__DIRECTIONS FOR THIS TASK__. Return every line of the data that contains the string "List".

### ENTRIES SUPPLIED ###

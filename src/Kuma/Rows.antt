-- ===== src/Kuma/Rows.antt =====
-- What the rows of the mapping name after a pass of internal/kuma/syncer.go.
use almanaut.Base.{
  Bool, Bool-cases, List, Option, Option-cases, [], arith, bool_eq, false, inl, inr, list_eq,
  nat_eq, none, pair_eq, refl, some, string_eq, true, ℕ, ◌++◌, ◌+◌, ◌==◌, ◌||◌, ◌∷◌, ◌≡◌, ◌⊎◌,
}
use almanaut.Base.Assoc.{Assoc, lookup, lookup-delete, lookup-insert}
use almanaut.Base.Text.{Text}
use almanaut.Inventory.{Service}
use almanaut.Kuma.{
  Action, Call, Fate, Mapping, Monitor, PassState, add_call, create, delete_call, edit, edit_call,
  forget, perform, perform_all, plan, put_row, reconcile, remove,
}

-- Kuma answered one of the calls with the new monitor's id.
abbrev pub adds : ℕ → List Call → Bool
adds id [] = false
adds id (add_call m none ∷ calls) = adds id calls
adds id (add_call m (some new) ∷ calls) = new == id || adds id calls
adds id (edit_call m answer ∷ calls) = adds id calls
adds id (delete_call mid answer ∷ calls) = adds id calls

adds-append :
    (id : ℕ) (calls later : List Call) → adds id (calls ++ later) ≡ (adds id calls || adds id later)
adds-append id [] later = refl
adds-append id (add_call m none ∷ calls) later = adds-append id calls later
adds-append id (add_call m (some new) ∷ calls) later = ground (arith, adds-append id calls later)
adds-append id (edit_call m answer ∷ calls) later = adds-append id calls later
adds-append id (delete_call mid answer ∷ calls) later = adds-append id calls later

perform-rows :
    (st : PassState) (f : Fate) (a : Action) (service id : ℕ)
    → lookup service (perform st f a).0.mapping ≡ some id
    → (lookup service st.mapping ≡ some id) ⊎ (adds id (perform st f a).1 ≡ true)
unfolding perform put_row
perform-rows st f (create own m) service id h = elim (Option-cases f.added) [
  | inl refused ↦ inl (rw refused at h)
  | inr (new, taken) ↦ elim (Bool-cases f.writes) [
    | inl written ↦ elim (Bool-cases (own == service)) [
      | inl same ↦ inr (rw taken (ground (arith, lookup-insert own service new st.mapping)))
      | inr other ↦ inl (ground (arith, lookup-insert own service new st.mapping))
    ]
    | inr lost ↦ inl (rw (taken, lost) at h)
  ]
]
perform-rows st f (edit own m) service id h = inl (ground arith)
perform-rows st f (remove own mid) service id h =
    inl (ground (arith, lookup-delete own service st.mapping))
perform-rows st f (forget own) service id h =
    inl (ground (arith, lookup-delete own service st.mapping))

perform_all-rows :
    (fates : ℕ → Fate) (n : ℕ) (st : PassState) (actions : List Action) (service id : ℕ)
    → lookup service (perform_all fates n st actions).0.mapping ≡ some id
    → (lookup service st.mapping ≡ some id) ⊎ (adds id (perform_all fates n st actions).1 ≡ true)
unfolding perform_all lookup perform
perform_all-rows fates n st [] service id h = inl h
perform_all-rows fates n st (a ∷ actions) service id h =
    let (st', calls) = perform st (fates n) a in
    let later = (perform_all fates (n + 1) st' actions).1 in
    elim (Bool-cases (fates n).ended) [
      | inl over ↦ inl (rw over at h)
      | inr running ↦ elim (Bool-cases st'.summary.failed) [
        | inl failing ↦
            rw (running, failing)
              (perform-rows st (fates n) a service id (rw (running, failing) at h))
        | inr going ↦
            rw (running, going)
              (elim (perform_all-rows fates (n + 1) st' actions service id
                (rw (running, going) at h)) [
                  | inl kept ↦ elim (perform-rows st (fates n) a service id kept) [
                    | inl old ↦ inl old
                    | inr new ↦ inr (ground (arith, adds-append id calls later))
                  ]
                  | inr new ↦ inr (ground (arith, adds-append id calls later))
                ])
      ]
    ]

-- However a pass ends, each row of the mapping is one that was there before or names a monitor that
-- Kuma said, in this pass, that it had added.
pub reconcile-rows :
    (parse_url : Text → Option (Text × Text)) (fates : ℕ → Fate) (services : List Service)
    (mapping : Mapping) (existing : Assoc ℕ Monitor) (service id : ℕ)
    → let (end, calls) = reconcile parse_url fates services mapping existing in
      lookup service end.mapping ≡ some id
      → (lookup service mapping ≡ some id) ⊎ (adds id calls ≡ true)
unfolding reconcile
reconcile-rows parse_url fates services mapping existing service id h =
    perform_all-rows fates 0 _ (plan parse_url services mapping existing).0 service id h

###

__ANSWER TO THE EXERCISE__.
  Bool, Bool-cases, List, Option, Option-cases, [], arith, bool_eq, false, inl, inr, list_eq,
abbrev pub adds : ℕ → List Call → Bool
    (id : ℕ) (calls later : List Call) → adds id (calls ++ later) ≡ (adds id calls || adds id later)
    (fates : ℕ → Fate) (n : ℕ) (st : PassState) (actions : List Action) (service id : ℕ)
    (parse_url : Text → Option (Text × Text)) (fates : ℕ → Fate) (services : List Service)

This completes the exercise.